El largo regreso a casa
Lo que significó el cierre de un caso para Medina representó el comienzo de un drama para Antolínez. Contrario a lo que cualquiera piensa, de una intubación prolongada el paciente despierta magullado, con muy poca movilidad y muy triste. No era para menos. Él, de 1,76 metros de estatura, había entrado a la clínica con 80 kilos y pesaba en ese momento 55. Cuando intentaba mover el brazo o acostarse de lado necesitaba ayuda. Había perdido mucha masa muscular. El día en que vio por primera vez sus piernas y sus huesos forrados en piel prefirió haber muerto. “Mis piernas eran fuertes y musculosas porque jugué fútbol en mi juventud y cuando las vi convertidas en palos de escoba pensé que habría sido mejor haberme muerto”, dice.
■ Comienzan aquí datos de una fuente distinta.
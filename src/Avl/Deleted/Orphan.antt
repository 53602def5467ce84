-- ===== src/Avl/Deleted/Orphan.antt =====
-- avl_tree_delete (lib/avl.bpf.h) of an orphan.
use ghost_userspace_o.Base.{
  ℕ, ◌+◌, ◌≡◌, ◌≢◌, refl, ap, subst, inl, inr, Bool-cases, ◌==◌, ==_iff, if◌then◌else◌, List, ◌∷◌,
  ◌++◌, count, count-append, arith,
}
use ghost_userspace_o.Avl.{Nodes, AvlTree}
use ghost_userspace_o.Avl.Delete.{delete, delete_orphan}
use ghost_userspace_o.Avl.Held.{once_self}
use ghost_userspace_o.Avl.Keys.{erase, erase-middle}
use ghost_userspace_o.Avl.Orphans.Listed.{split_at, remove_orphan-Listed}
use ghost_userspace_o.Avl.Invariant.{IsAvl}

erased-IsAvl :
    (n : Nodes) (t : AvlTree) (e : ℕ) (xs ys zs : List ℕ)
    → IsAvl n t xs (ys ++ (e ∷ zs))
    → IsAvl (delete n t e).0 (delete n t e).1 xs (ys ++ zs)
unfolding delete delete_orphan
erased-IsAvl n t e xs ys zs s =
    let one = once_self e in
    let tot : ((i : ℕ)
        → count i (ys ++ (e ∷ zs)) ≡ (if e == i then 1 else 0) + count i (ys ++ zs)) =
      λ i. omega (arith, count-append i ys (e ∷ zs), count-append i ys zs) in
    let flag = s.flags_orphan e (λ z. omega (arith, tot e)) in
    let k = s.in_tree in
    rw (flag) record {
      in_tree = record {
        tree = k.tree;
        same = k.same;
        holds = record { kids = k.holds.kids; up = k.holds.up; bal = k.holds.bal };
        low = k.low;
        sorted = k.sorted;
      };
      cached = record {
        min_id = s.cached.min_id;
        min_key = s.cached.min_key;
        max_id = s.cached.max_id;
        max_key = s.cached.max_key;
      };
      orphaned =
          remove_orphan-Listed n.orphan_ids t.first_orphan_id ys e zs s.orphaned
            (λ i. omega (arith, s.distinct i));
      flags_tree = λ i w. elim (Bool-cases (e == i)) [
        | inl p ↦ rw (p) refl
        | inr p ↦ rw (p) (s.flags_tree i w)
      ];
      flags_orphan = λ i w. elim (Bool-cases (e == i)) [
        | inl p ↦ absurd (
            w (omega (arith, s.distinct e, tot e, ap (λ j. count j (ys ++ zs)) ((==_iff e i).0 p))))
        | inr p ↦ rw (p) (s.flags_orphan i (λ z. w (omega (arith, tot i))))
      ];
      distinct = λ i. omega (arith, s.distinct i, tot i);
    }

-- Of a tree and orphans that satisfy IsAvl (Avl/Invariant), avl_tree_delete of one of the
-- orphans takes it out of their list, wherever it stands there, and keeps the order of the
-- others and the tree.
pub delete-orphan :
    (n : Nodes) (t : AvlTree) (e : ℕ) (xs os : List ℕ)
    → IsAvl n t xs os
    → count e os ≢ 0
    → IsAvl (delete n t e).0 (delete n t e).1 xs (erase e os)
delete-orphan n t e xs os s h =
    let (ys, zs, p, q) = split_at e os h in
    rw (p, erase-middle e ys zs q) (erased-IsAvl n t e xs ys zs (subst (λ l. IsAvl n t xs l) p s))
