-- ===== src/Avl/Sizes.antt =====
-- How many nodes a balanced tree of a height has at least: the bound on the height that the loops
-- of lib/avl.bpf.h rest on.
use ghost_userspace_o.Base.{
  ℕ, zero, suc, ◌+◌, ◌≤◌, ◌≡◌, ap, inl, inr, ◌⊎◌, ◌∷◌, length, length-append, arith,
}
use Prim.Native.Nat.{max}
use ghost_userspace_o.Base.Int.{ℤ}
use ghost_userspace_o.Avl.Tree.{Tree, leaf, node, inorder, height}
use ghost_userspace_o.Avl.Held.{Bal, Level}

-- The fewest nodes of a balanced tree of a height.
unfoldable pub min_nodes : ℕ → ℕ
min_nodes zero = 0
min_nodes (suc zero) = 1
min_nodes (suc (suc h)) = suc (min_nodes (suc h) + min_nodes h)

min_nodes-suc : (h : ℕ) → min_nodes h ≤ min_nodes (suc h)
unfolding min_nodes
min_nodes-suc zero = omega arith
min_nodes-suc (suc zero) = omega arith
min_nodes-suc (suc (suc h)) = omega (arith, min_nodes-suc h, min_nodes-suc (suc h))

near : (g h : ℕ) → g ≤ h → h ≤ suc g → (g ≡ h) ⊎ (h ≡ suc g)
near g h p q = ground arith

-- From the two subtrees, whichever is the higher.
min_nodes-node : (g h : ℕ) → g ≤ h → h ≤ suc g → min_nodes (suc h) ≤ suc (min_nodes g + min_nodes h)
unfolding min_nodes
min_nodes-node zero zero p q = omega arith
min_nodes-node (suc g) zero p q = absurd (omega arith)
min_nodes-node zero (suc zero) p q = omega arith
min_nodes-node zero (suc (suc h)) p q = absurd (omega arith)
min_nodes-node (suc g) (suc h) p q = elim (near g h (omega arith) (omega arith)) [
  | inl e ↦ omega (arith, min_nodes-suc h, ap (λ k. min_nodes (suc k)) e)
  | inr e ↦ omega (arith, ap min_nodes e)
]

heights : (b : ℤ) (g h : ℕ) → Level b g h → (g ≡ h) ⊎ ((h ≡ suc g) ⊎ (g ≡ suc h))
heights b g h (inl (p, q)) = inl q
heights b g h (inr (inl (p, q))) = inr (inl q)
heights b g h (inr (inr (p, q))) = inr (inr q)

-- The node above two trees of such heights.
min_nodes-above :
    (g h m n : ℕ)
    → (g ≡ h) ⊎ ((h ≡ suc g) ⊎ (g ≡ suc h))
    → min_nodes g ≤ m
    → min_nodes h ≤ n
    → min_nodes (suc (max g h)) ≤ m + suc n
min_nodes-above g h m n (inl p) u v =
    let e : max g h ≡ h = omega arith in
    omega (arith, ap (λ k. min_nodes (suc k)) e, min_nodes-node g h (omega arith) (omega arith))
min_nodes-above g h m n (inr (inl p)) u v =
    let e : max g h ≡ h = omega arith in
    omega (arith, ap (λ k. min_nodes (suc k)) e, min_nodes-node g h (omega arith) (omega arith))
min_nodes-above g h m n (inr (inr p)) u v =
    let e : max g h ≡ g = omega arith in
    omega (arith, ap (λ k. min_nodes (suc k)) e, min_nodes-node h g (omega arith) (omega arith))

pub min_nodes-le : (b : ℕ → ℤ) (t : Tree) → Bal b t → min_nodes (height t) ≤ length (inorder t)
unfolding min_nodes
min_nodes-le b leaf k = omega arith
min_nodes-le b (node s e t) (l, j, k) = omega (
  arith,
  length-append {0} (inorder s) (e ∷ inorder t),
  min_nodes-above (height s) (height t) (length (inorder s)) (length (inorder t))
      (heights (b e) (height s) (height t) l) (min_nodes-le b s j) (min_nodes-le b t k),
)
No estaba siendo desagradecido con la vida, simplemente no creía que fuera capaz de volver a ser el de antes.
Cuando Ruth recibió a su hermano en su casa estaba casi muerto. “Hagan de cuenta que les pusieran cadenas de hierro en todo el cuerpo. No podía dar un paso”. Allá se quedó tres meses para recibir terapia física y recuperar la masa muscular perdida. El proceso fue lento. El peor momento fue cuando tuvo que aprender a caminar de nuevo. “Me pasaban alzado de la cama a una silla y sentado duraba máximo cinco minutos. Lloraba para que me pasaran a la cama”. No exagera. “La primera vez que iba a caminar, la terapeuta me alzó y me iba teniendo, pero las piernas no tenían fuerza, me temblaba todo. Ni siquiera di un paso el primer día”.
En esos tres meses donde su hermana, a Antolínez le ayudaron su actitud y disciplina. Aunque dependía de ella para todo, hasta para ir al baño, poco a poco fue ganando fuerza. Un día le dijo que se iba a bañar solo y cuando lo logró fue como haber llegado a la cima de una montaña. Ahí supo que era hora de volver a su casa. Hoy, después de siete meses, su corazón y riñón están fuera de peligro, pero todavía tiene secuelas en los pulmones, por lo que debe usar oxígeno permanentemente. Ya recuperó 15 kilos y continúa con una rutina de ejercicios para aumentar su masa muscular. “Yo soy un milagro real. Mi caso era muy difícil. Estaba más enfermo que unos que se murieron y hoy estoy aquí”.
Lo único que lo asusta es que le digan que esta para cosas grandes. “Pasan los días y no hago nada grande, solo las terapias”.A veces recibe un mensaje del doctor Medina para saber cómo va. El especialista dice que con algunos de sus pacientes creó una conexión duradera porque “así suene arrogante, un pedacito de la vida de ellos estuvo en manos nuestras. Nosotros respondimos con lo que creemos que fue lo mejor y los resultados fueron buenos”. Y es que para ellos sacar un paciente como él es un gran triunfo. “Es ganarse el mundial de fútbol de la medicina”. Con la covid no solo ha sido don Jairo, sino también Demetrio, Janet y otros que hicieron a estos médicos no perder la fe en su profesión y no bajar la guardia. “Por ellos otros futuros pacientes tuvieron un personal de salud con más fe y más ganas de luchar para sacar a sus pacientes graves adelante”.